Numerical model and verification

The mathematical formulation described above is implemented as software modules in the APDL language in the ANSYS Mechanical.

The algorithm used for the calculation of temperature fields in the ANSYS finite-element package in the numerical simulation of the process of electron beam fusion involves the following calculation procedures.

  1. 1.

    Creation of a finite element model, including the volumes divided into separate horizontal layers occupied by the deposited material, the plate - the base and part of the platform on which the sample is mounted, with corresponding thermophysical properties.

  2. 2.

    “Killing” (EKILL command) parts of the elements of the product that are missing in the actual process of building up to its beginning.

  3. 3.

    In a loop on incremental layers, starting from the bottom:

    1. 3.1.

      Setting the conditions of convective heat exchange by the formula (3) on the upper boundary of the layer

    2. 3.2.

      In a cycle by deposition zones of the current layer:

      1. 3.2.1.

         Removal at the lower boundary of the part of the layer under the k-th zone of the previously specified conditions of convective heat transfer

      2. 3.2.2.

         The “birthing” (EALIVE command) of all elements of the k-th zone

      3. 3.2.3.

         Heating elements of the zone to a temperature Tfl (eq. 2) and exposure during the time of exposure to the beam ta

      4. 3.2.4.

         Removing temperature Tfl from nodes of elements and waiting for a time interval equal to the waiting time twi.

    3. 3.3.

      Waiting until next layer over time twl

Waiting to complete (partial) cooling system

The exposure time of the beam ta, taking into account the possible overlap of the burner movement trajectories, is calculated by the equation

$$ {t}_a=\frac{S_s}{v_s\cdot ds} $$

where Ss = πDs2/4 - spot square, vs - burner speed, ds - distance between adjacent tracks. The waiting time tw, k for the k-th weld zone is determined by the expression

$$ {t}_{wi}=\frac{S_k}{ds\cdot {v}_s} $$

where Sk - zone square.

The described algorithm is used to calculate non-stationary temperature fields in experimental samples made of aluminum alloy D16 (Table 1).

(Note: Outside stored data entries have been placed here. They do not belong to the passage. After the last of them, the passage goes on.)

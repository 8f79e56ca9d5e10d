-- ===== src/Barrier/Progress.antt =====
-- How far the threads have come at the barrier: each step brings its thread on, and none can go on
-- alone.
use dv1580_a.Prelude.{◌⊎◌, inl, inr, ℕ, zero, suc, ◌+◌, ◌*◌, ◌≤◌, ◌<◌, ◌≡◌, refl, false, arith}
use native.Mathlib.Decide.{dec_lt}
use dv1580_a.Machine.{write}
use dv1580_a.Barrier.{
  Pc, outside, inside, waiting, woken, leaving, Thread, System, broadcast, at, arrived, Step, lock,
  last, wait, wake_up, relock, unlock, start_of, Reach, here, next,
}
use dv1580_a.Barrier.Safety.{no_deadlock, returns-le-arrivals}

-- The number of steps of a run.
unfoldable pub steps : {n : ℕ} {s t : System} → Reach n false s t → ℕ
steps here = 0
steps (next r st) = steps r + 1

-- The steps that a thread has taken of its call at least; a woken thread has taken none for it.
abbrev stage : Pc → ℕ
stage outside = 0
stage inside = 1
stage waiting = 2
stage woken = 2
stage leaving = 3

abbrev work_of : Thread → ℕ
work_of t = 4 * t.returns + stage t.pc

work : ℕ → (ℕ → Thread) → ℕ
work zero f = 0
work (suc n) f = work n f + work_of (f n)

work-write_of_le :
    (n : ℕ) (f : ℕ → Thread) (i : ℕ) (t : Thread) → n ≤ i → work n (write f i t) ≡ work n f
unfolding work write
work-write_of_le zero f i t le = refl
work-write_of_le (suc n) f i t le = ground (arith, work-write_of_le n f i t)

work-write :
    (n : ℕ) (f : ℕ → Thread) (i : ℕ) (t : Thread)
    → i < n
    → work n (write f i t) + work_of (f i) ≡ work n f + work_of t
unfolding work write
work-write zero f i t lt = absurd (omega arith)
work-write (suc n) f i t lt = elim (dec_lt i n) [
  | yes below ↦ ground (arith, work-write n f i t below)
  | no top ↦ ground (arith, work-write_of_le n f i t)
]

stage-wake : (t : Thread) (p : Pc) → t.pc ≡ p → work_of (broadcast (λ j. t) 0) ≡ work_of t
stage-wake t outside e = rw e refl
stage-wake t inside e = rw e refl
stage-wake t waiting e = rw e refl
stage-wake t woken e = rw e refl
stage-wake t leaving e = rw e refl

work-broadcast : (n : ℕ) (f : ℕ → Thread) → work n (broadcast f) ≡ work n f
unfolding work
work-broadcast zero f = refl
work-broadcast (suc n) f = omega (arith, work-broadcast n f, stage-wake (f n) (f n).pc refl)

Step-work : {n : ℕ} {s t : System} → Step n false s t → work n s.threads + 1 ≤ work n t.threads
Step-work {n} {s} (lock i lt stands free) =
    ground (arith, work-write n s.threads i (at (s.threads i) inside) lt)
Step-work {n} {s} (last i lt stands is_last) = ground (
  arith,
  work-write n (broadcast s.threads) i (arrived (s.threads i) leaving) lt,
  work-broadcast n s.threads,
)
Step-work {n} {s} (wait i lt stands more) =
    ground (arith, work-write n s.threads i (arrived (s.threads i) waiting) lt)
Step-work (wake_up i lt stands never) = cc
Step-work {n} {s} (relock i lt stands free) =
    ground (arith, work-write n s.threads i (at (s.threads i) leaving) lt)
Step-work {n} {s} (unlock i lt stands) = ground (
  arith,
  work-write n s.threads i
      (record (s.threads i) { pc = outside; returns = (s.threads i).returns + 1 }) lt,
)

steps-work : {n : ℕ} {s t : System} (r : Reach n false s t) → steps r ≤ work n t.threads
unfolding steps
steps-work here = omega arith
steps-work (next r st) = omega (arith, steps-work r, Step-work st)

work-le :
    (n : ℕ) (f : ℕ → Thread) (b : ℕ) → ((i : ℕ) → i < n → work_of (f i) ≤ b) → work n f ≤ n * b
unfolding work
work-le zero f b h = omega arith
work-le (suc n) f b h = omega (arith, work-le n f b (λ i lt. h i (omega arith)), h n (omega arith))

stage-le : (p : Pc) → stage p ≤ 3
stage-le outside = omega arith
stage-le inside = omega arith
stage-le waiting = omega arith
stage-le woken = omega arith
stage-le leaving = omega arith

-- With as many threads as the barrier expects, and no wake-up without a broadcast: in every state
-- some thread can take its next step, and none is left behind however they are scheduled: the `n`
-- threads have taken n * (4 * k + 3) steps in all at most, or each has arrived more than `k` times.
pub no_starvation :
    {n : ℕ} {s : System}
    → 0 < n
    → (r : Reach n false (start_of n) s) → (j k : ℕ) → j < n
    → ((t : System) × Step n false s t)
      × ((steps r ≤ n * (4 * k + 3)) ⊎ (k < (s.threads j).arrivals))
no_starvation {n} {s} pos r j k lt = (
  no_deadlock pos r,
  elim (dec_lt k (s.threads j).arrivals) [
    | yes above ↦ inr above
    | no below ↦
        let few : work n s.threads ≤ n * (4 * k + 3) = work-le n s.threads (4 * k + 3) (λ i lt_i.
          omega (arith, returns-le-arrivals pos r i j lt_i lt, stage-le (s.threads i).pc)) in
        inl (omega (arith, steps-work r))
  ],
)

Table 1 Properties of aluminum alloy D16 (Grigoriev and Mejlixov 1991)

In Fig. 2 shows photographs of full-scale specimens representing the bars welded to the base plate, which are used to verify the finite element model.

Fig. 2

Full-scale samples: three-layer S3 (a) and four-layer S4 (b) and their finite element analogues. 1 - welded bar, 2 - base plate, 3 - mounting table, 4 - clamping element

The following are presented the main parameters of the experiments. The size of the base (plate) - 5х200х60 mm. The diameter of the wire - 1,2 mm. The parameters are seted in the slicer: the height of the first layer - 3.0 mm; roller width - 4 mm; nozzle diameter - 1 mm; filling strategy - longitudinal filling. Surfacing mode: slicer speed 400 mm/min. The trajectory of the burner corresponds to the scheme shown in Fig. 7,a. The geometrical parameters of the weld bars and the characteristics of the surfacing cycles are given in Tables 2, 3, respectively.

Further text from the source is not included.